The second part opens with the celebrated horn solo, ‘Appel interstellaire’. It received a splendid performance from Ryan, echoes and all. Not only was there more tonal variegation than one might reasonably have hoped for; there was, more importantly still, a proper sense of narrative coherence. I could not help be put in mind at one point of the cor anglais solo from Act III of Tristan, as well as more obvious French horn-specific precedents. ‘Bryce Canyon et les rochers rouge-orange’ is the largest movement in the work. Again, it sometimes lacked the last word in rhythmical exactitude, but that was certainly not the case with the contributions from the soloists or indeed from the admirable LPO string section. Moreover, there was nothing that detracted or distracted from the sense of divine awe and majesty. Barto really pounded the bass of his instrument, the treble passages proving equal in authority.

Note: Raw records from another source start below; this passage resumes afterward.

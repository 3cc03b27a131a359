-- ===== src/Config/Load.antt =====
-- `interpolate_env_vars` and `Config::load` of src/config.rs. The environment is a function from names to
-- values, and the YAML reader a parameter.
pub mod Interpolated
pub mod Outcomes
use Prim.Native.Char.{Char, code}
use Prim.Native.String
use poolbeg.Prelude.{
  ℕ, Bool, true, false, Option, none, some, String, str_eq, ◌&&◌, ◌==◌, if◌then◌else◌, unwrap_or,
}
use package.poolbeg.Config.{Config}
use package.poolbeg.Config.Routes.{ConfigError, validate}

-- A character before the first part.
abbrev pub before : Char → Option (String × String) → Option (String × String)
before x none = none
before x (some (a, b)) = some (String.◌∷◌ x a, b)

-- `split_once(":-")`
unfoldable pub split_default : String → Option (String × String)
split_default String.[] = none
split_default (String.◌∷◌ x String.[]) = none
split_default (String.◌∷◌ x (String.◌∷◌ y s)) =
    let rest = split_default (String.◌∷◌ y s) in
    if code x == code ":"
    then if code y == code "-" then some (String.[], s) else before x rest
    else before x rest

-- The text up to the first closing brace; none if there is no brace.
unfoldable pub up_to_brace : String → Option String
up_to_brace String.[] = none
up_to_brace (String.◌∷◌ x s) =
    let rest = up_to_brace s in
    if code x == code "}"
    then some String.[]
    else elim rest [ some e ↦ some (String.◌∷◌ x e) | none ↦ none ]

-- The capture of `\$\{([^}]+)\}` at the front of a text: at least one character.
unfoldable pub capture : String → Option String
capture String.[] = none
capture (String.◌∷◌ x String.[]) = none
capture (String.◌∷◌ x (String.◌∷◌ y s)) =
    if code x == code "$" && code y == code "{"
    then elim (up_to_brace s) [ some e ↦ if str_eq e "" then none else some e | none ↦ none ]
    else none

-- The closure given to `replace_all`.
unfoldable pub value_of : (String → Option String) → String → String
value_of env expr = elim (split_default expr) [
  | some (name, default) ↦ let v = unwrap_or (env name) "" in if str_eq v "" then default else v
  | none ↦ unwrap_or (env expr) ""
]

-- `replace_all`: matches from left to right, none inside another. `true` is inside a match, whose rest is
-- passed over up to its brace.
unfoldable pub interpolate : (String → Option String) → Bool → String → String
interpolate env inside String.[] = String.[]
interpolate env true (String.◌∷◌ x s) =
    interpolate env (if code x == code "}" then false else true) s
interpolate env false (String.◌∷◌ x s) =
    let matched = interpolate env true s in
    let rest = interpolate env false s in
    elim (capture (String.◌∷◌ x s)) [
      | some expr ↦ String.◌++◌ (value_of env expr) matched
      | none ↦ String.◌∷◌ x rest
    ]

unfoldable pub interpolate_env_vars : (String → Option String) → String → String
interpolate_env_vars env input = interpolate env false input

pub data LoadError : Type 0 where
  unreadable bad_yaml : LoadError
  invalid : ConfigError → LoadError

pub data Loaded : Type 0 where
  loaded : Config → Loaded
  failed : LoadError → Loaded

-- `raw` is the file's text, if it can be read.
unfoldable pub load : (String → Option String) → (String → Option Config) → Option String → Loaded
load env from_yaml none = failed unreadable
load env from_yaml (some raw) = elim (from_yaml (interpolate_env_vars env raw)) [
  | none ↦ failed bad_yaml
  | some config ↦ elim (validate config.chains) [
    | none ↦ loaded config
    | some e ↦ failed (invalid e)
  ]
]
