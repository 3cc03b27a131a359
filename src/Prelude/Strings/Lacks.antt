-- ===== src/Prelude/Strings/Lacks.antt =====
-- Texts without a character.
use Prim.Native.Char.{Char, code}
use Prim.Native.String
use Prim.Native.String.{String}
use text.Mathlib.TextLemmas.{cons-append, nil-append}
use mathlib.Core.Path.{◌≡◌, sym, subst}
use mathlib.Core.Bool.{true, false}
use native.Mathlib.Omega.{arith}
use poolbeg.Prelude.Tests.{◌==◌}

-- The character does not stand in the text.
abbrev pub Lacks : Char → String → Type 0
Lacks c String.[] = Unit {0}
Lacks c (String.◌∷◌ x s) = ((code x == code c) ≡ false) × Lacks c s

pub code_self : (c : Char) → (code c == code c) ≡ true
code_self c = ground arith

pub Lacks-append : (c : Char) (s t : String) → Lacks c s → Lacks c t → Lacks c (String.◌++◌ s t)
Lacks-append c String.[] t h k = subst (Lacks c) (sym (nil-append t)) k
Lacks-append c (String.◌∷◌ x s) t (ne, h) k =
    subst (Lacks c) (sym (cons-append x s t)) (ne, Lacks-append c s t h k)
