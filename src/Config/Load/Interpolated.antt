-- ===== src/Config/Load/Interpolated.antt =====
-- What the interpolation makes of a text that is put together from plain parts and variables.
use Prim.Native.Char.{Char, code}
use Prim.Native.String
use text.Mathlib.TextLemmas.{cons-append, nil-append}
use poolbeg.Prelude.{
  ◌≡◌, refl, sym, ap, ◌∙◌, true, false, List, [], ◌∷◌, Option, none, some, String, str_eq, ◌==◌,
  if◌then◌else◌, unwrap_or, All, str_ne_nil,
}
use poolbeg.Prelude.Strings.Lacks.{Lacks, Lacks-append}
use poolbeg.Config.Load.{
  before, split_default, up_to_brace, capture, value_of, interpolate, interpolate_env_vars,
}

-- `${name}`, `${name:-default}`, and text between them.
pub data Piece : Type 0 where
  plain variable : String → Piece
  variable_or : (name default : String) → Piece

abbrev expression : Piece → String
expression (plain s) = s
expression (variable name) = name
expression (variable_or name default) = String.◌++◌ name (String.◌++◌ ":-" default)

abbrev braced : String → String → String
braced e rest = String.◌∷◌ "$" (String.◌∷◌ "{" (String.◌++◌ e (String.◌∷◌ "}" rest)))

-- The text of the pieces, and what it stands for.
abbrev pub template_text : List Piece → String
template_text [] = ""
template_text (plain s ∷ ps) = String.◌++◌ s (template_text ps)
template_text (p ∷ ps) = braced (expression p) (template_text ps)

abbrev pub rendered : (String → Option String) → List Piece → String
rendered env [] = ""
rendered env (plain s ∷ ps) = String.◌++◌ s (rendered env ps)
rendered env (variable name ∷ ps) = String.◌++◌ (unwrap_or (env name) "") (rendered env ps)
rendered env (variable_or name default ∷ ps) =
    String.◌++◌ (if str_eq (unwrap_or (env name) "") "" then default else unwrap_or (env name) "")
      (rendered env ps)

-- Plain text has no dollar sign, a name no brace and no colon, a default no brace.
abbrev pub IsClear : Piece → Type 0
IsClear (plain s) = Lacks "$" s
IsClear (variable name) = (str_eq name "" ≡ false) × Lacks "}" name × Lacks ":" name
IsClear (variable_or name default) = Lacks "}" name × Lacks ":" name × Lacks "}" default

split_default-Lacks : (s : String) → Lacks ":" s → split_default s ≡ none
unfolding split_default
split_default-Lacks String.[] h = refl
split_default-Lacks (String.◌∷◌ x String.[]) h = refl
split_default-Lacks (String.◌∷◌ x (String.◌∷◌ y s)) (ne, h) =
    rw ne (rw (split_default-Lacks (String.◌∷◌ y s) h))

-- A text that begins with a character that is no colon.
split_default-skip :
    (x y : Char) (s : String)
    → (code x == code ":") ≡ false
    → split_default (String.◌∷◌ x (String.◌∷◌ y s)) ≡ before x (split_default (String.◌∷◌ y s))
unfolding split_default
split_default-skip x y s ne = rw ne

split_default-append :
    (name d : String)
    → Lacks ":" name
    → split_default (String.◌++◌ name (String.◌∷◌ ":" (String.◌∷◌ "-" d))) ≡ some (name, d)
unfolding split_default
split_default-append String.[] d h =
    ap split_default (nil-append (String.◌∷◌ ":" (String.◌∷◌ "-" d)))
split_default-append (String.◌∷◌ x String.[]) d (ne, h) =
    ap split_default (
      cons-append x String.[] (String.◌∷◌ ":" (String.◌∷◌ "-" d))
      ∙ ap (String.◌∷◌ x) (nil-append (String.◌∷◌ ":" (String.◌∷◌ "-" d))))
    ∙ split_default-skip x ":" (String.◌∷◌ "-" d) ne
split_default-append (String.◌∷◌ x (String.◌∷◌ y s)) d (ne, h) =
    ap split_default (
      cons-append x (String.◌∷◌ y s) (String.◌∷◌ ":" (String.◌∷◌ "-" d))
      ∙ ap (String.◌∷◌ x) (cons-append y s (String.◌∷◌ ":" (String.◌∷◌ "-" d))))
    ∙ (split_default-skip x y (String.◌++◌ s (String.◌∷◌ ":" (String.◌∷◌ "-" d))) ne
        ∙ ap (before x) (
            ap split_default (sym (cons-append y s (String.◌∷◌ ":" (String.◌∷◌ "-" d))))
            ∙ split_default-append (String.◌∷◌ y s) d h))

up_to_brace-append :
    (e rest : String) → Lacks "}" e → up_to_brace (String.◌++◌ e (String.◌∷◌ "}" rest)) ≡ some e
unfolding up_to_brace
up_to_brace-append String.[] rest h = ap up_to_brace (nil-append (String.◌∷◌ "}" rest))
up_to_brace-append (String.◌∷◌ x e) rest (ne, h) =
    ap up_to_brace (cons-append x e (String.◌∷◌ "}" rest))
    ∙ (rw ne (rw (up_to_brace-append e rest h)))

capture-braced :
    (e rest : String) → str_eq e "" ≡ false → Lacks "}" e → capture (braced e rest) ≡ some e
unfolding capture
capture-braced e rest ne h = rw (up_to_brace-append e rest h) (rw ne)

capture-other :
    (x : Char) (s : String) → (code x == code "$") ≡ false → capture (String.◌∷◌ x s) ≡ none
unfolding capture
capture-other x String.[] ne = refl
capture-other x (String.◌∷◌ y s) ne = rw ne

separator : (d : String) → String.◌++◌ ":-" d ≡ String.◌∷◌ ":" (String.◌∷◌ "-" d)
separator d =
    cons-append ":" "-" d
    ∙ ap (String.◌∷◌ ":") (cons-append "-" "" d ∙ ap (String.◌∷◌ "-") (nil-append d))

nonempty : (name d : String) → str_eq (expression (variable_or name d)) "" ≡ false
nonempty String.[] d =
    ap (λ s. str_eq s "") (nil-append (String.◌++◌ ":-" d) ∙ separator d)
    ∙ str_ne_nil ":" (String.◌∷◌ "-" d)
nonempty (String.◌∷◌ x s) d =
    ap (λ t. str_eq t "") (cons-append x s (String.◌++◌ ":-" d))
    ∙ str_ne_nil x (String.◌++◌ s (String.◌++◌ ":-" d))

module _ (env : String → Option String) where
  -- The rest of a match is passed over.
  inside :
      (e rest : String)
      → Lacks "}" e
      → interpolate env true (String.◌++◌ e (String.◌∷◌ "}" rest)) ≡ interpolate env false rest
  unfolding interpolate
  inside String.[] rest h = ap (interpolate env true) (nil-append (String.◌∷◌ "}" rest))
  inside (String.◌∷◌ x e) rest (ne, h) =
      ap (interpolate env true) (cons-append x e (String.◌∷◌ "}" rest))
      ∙ (rw (ne, interpolate) (inside e rest h))

  interpolate-unmatched :
      (x : Char) (s : String)
      → capture (String.◌∷◌ x s) ≡ none
      → interpolate env false (String.◌∷◌ x s) ≡ String.◌∷◌ x (interpolate env false s)
  unfolding interpolate
  interpolate-unmatched x s e = rw (e, interpolate)

  interpolate-matched :
      (x : Char) (s expr : String)
      → capture (String.◌∷◌ x s) ≡ some expr
      → interpolate env false (String.◌∷◌ x s)
        ≡ String.◌++◌ (value_of env expr) (interpolate env true s)
  unfolding interpolate
  interpolate-matched x s expr e = rw (e, interpolate)

  outside :
      (s rest : String)
      → Lacks "$" s
      → interpolate env false (String.◌++◌ s rest) ≡ String.◌++◌ s (interpolate env false rest)
  outside String.[] rest h =
      ap (interpolate env false) (nil-append rest) ∙ sym (nil-append (interpolate env false rest))
  outside (String.◌∷◌ x s) rest (ne, h) =
      ap (interpolate env false) (cons-append x s rest)
      ∙ (interpolate-unmatched x (String.◌++◌ s rest) (capture-other x (String.◌++◌ s rest) ne)
          ∙ (ap (String.◌∷◌ x) (outside s rest h)
              ∙ sym (cons-append x s (interpolate env false rest))))

  brace_passed : (s : String) → interpolate env true (String.◌∷◌ "{" s) ≡ interpolate env true s
  unfolding interpolate
  brace_passed s = refl

  at_match :
      (e rest : String)
      → str_eq e "" ≡ false
      → Lacks "}" e
      → interpolate env false (braced e rest)
        ≡ String.◌++◌ (value_of env e) (interpolate env false rest)
  at_match e rest ne h =
      interpolate-matched "$" (String.◌∷◌ "{" (String.◌++◌ e (String.◌∷◌ "}" rest))) e
        (capture-braced e rest ne h)
      ∙ ap (String.◌++◌ (value_of env e))
          (brace_passed (String.◌++◌ e (String.◌∷◌ "}" rest)) ∙ inside e rest h)

  value_of-variable : (name : String) → Lacks ":" name → value_of env name ≡ unwrap_or (env name) ""
  unfolding value_of
  value_of-variable name h = rw (split_default-Lacks name h, value_of)

  value_of-variable_or :
      (name d : String)
      → Lacks ":" name
      → value_of env (expression (variable_or name d))
        ≡ (if str_eq (unwrap_or (env name) "") "" then d else unwrap_or (env name) "")
  unfolding value_of
  value_of-variable_or name d h = rw (separator d) (rw (split_default-append name d h, value_of))

  -- A text that is put together from plain parts, `${name}` and `${name:-default}`, where no plain part
  -- has a dollar sign, no name has a brace or a colon, no lone name is empty and no default has a brace:
  -- each variable is replaced by its value, or by the default where there is one and the variable is unset
  -- or empty, and everything else stays.
  pub interpolate_env_vars-template_text :
      (ps : List Piece)
      → All IsClear ps
      → interpolate_env_vars env (template_text ps) ≡ rendered env ps
  unfolding interpolate interpolate_env_vars
  interpolate_env_vars-template_text [] h = refl
  interpolate_env_vars-template_text (plain s ∷ ps) (h, hs) =
      outside s (template_text ps) h ∙ ap (String.◌++◌ s) (interpolate_env_vars-template_text ps hs)
  interpolate_env_vars-template_text (variable name ∷ ps) ((ne, h, k), hs) =
      at_match name (template_text ps) ne h
      ∙ (ap (λ v. String.◌++◌ v (interpolate env false (template_text ps)))
            (value_of-variable name k)
          ∙ ap (String.◌++◌ (unwrap_or (env name) "")) (interpolate_env_vars-template_text ps hs))
  interpolate_env_vars-template_text (variable_or name d ∷ ps) ((h, k, l), hs) =
      at_match (expression (variable_or name d)) (template_text ps) (nonempty name d)
        (Lacks-append "}" name (String.◌++◌ ":-" d) h (Lacks-append "}" ":-" d (refl, (refl, _)) l))
      ∙ (ap (λ v. String.◌++◌ v (interpolate env false (template_text ps)))
            (value_of-variable_or name d k)
          ∙ ap
              (String.◌++◌
                (if str_eq (unwrap_or (env name) "") "" then d else unwrap_or (env name) ""))
              (interpolate_env_vars-template_text ps hs))
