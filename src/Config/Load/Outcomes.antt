-- ===== src/Config/Load/Outcomes.antt =====
-- Which configurations are loaded.
use poolbeg.Prelude.{◌≡◌, sym, ap, ◌∙◌, Option, none, some, String, Option-cases, inl, inr, arith}
use poolbeg.Config.{Config}
use poolbeg.Config.Routes.{validate}
use poolbeg.Config.Load.{interpolate_env_vars, loaded, load}

module _ (env : String → Option String) (from_yaml : String → Option Config) where
  -- A configuration that is loaded is one that `validate` accepts.
  pub load-validate :
      (raw : Option String) (config : Config)
      → load env from_yaml raw ≡ loaded config
      → validate config.chains ≡ none
  unfolding load
  load-validate none config e = absurd (ground arith)
  load-validate (some text) config e =
      elim (Option-cases (from_yaml (interpolate_env_vars env text))) [
        | inl bad ↦ absurd (ground arith)
        | inr (c, good) ↦ elim (Option-cases (validate c.chains)) [
          | inr (err, wrong) ↦ absurd (ground arith)
          | inl valid ↦
              let same : c ≡ config = ground arith in ap (λ x. validate x.chains) (sym same) ∙ valid
        ]
      ]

‘Les Ressuscités et le chant de l’étoile Aldébaran’ opens the third and final part. It initially offered a post-Debussyan air of hazy mystery, which Messia(e)nic certitude soon broke through. Despite a few loose ends, the music’s hieratic progress mesmerised. Barto’s second solo movement, ‘Le Moqueur Polyglotte’, was impressive: songful and muscular. At the same time, I entertained the doubtless heretical thought that this mockingbird perhaps overstays his welcome. ‘La Grive des bois’ offered another occasion for percussionists, both solo and orchestral, to shine, which they did. ‘Omao, Leiothrix, Elepaio, Shama’ showed, amongst other things, that the horns had not gone away, their opening calls leaving us in no doubt about that. A wonderful chorus of birdsong followed: a sense imparted of triumph being prepared. And so it came to pass in ‘Zion Park et la Cité Céleste’, a typically Messiaenesque celestial coronation. The birds were far from silenced; rather they were sublimated – assumed? – into a new heaven-scape, itself summoned into being by the divine brass chorale, implacable yet not without tenderness. This final movement thus proved summative in a musical and a theological sense. Its conclusion sent shivers down the spine; as Messiaen put it, ‘the bells ring out, heralding the ultimate joy.’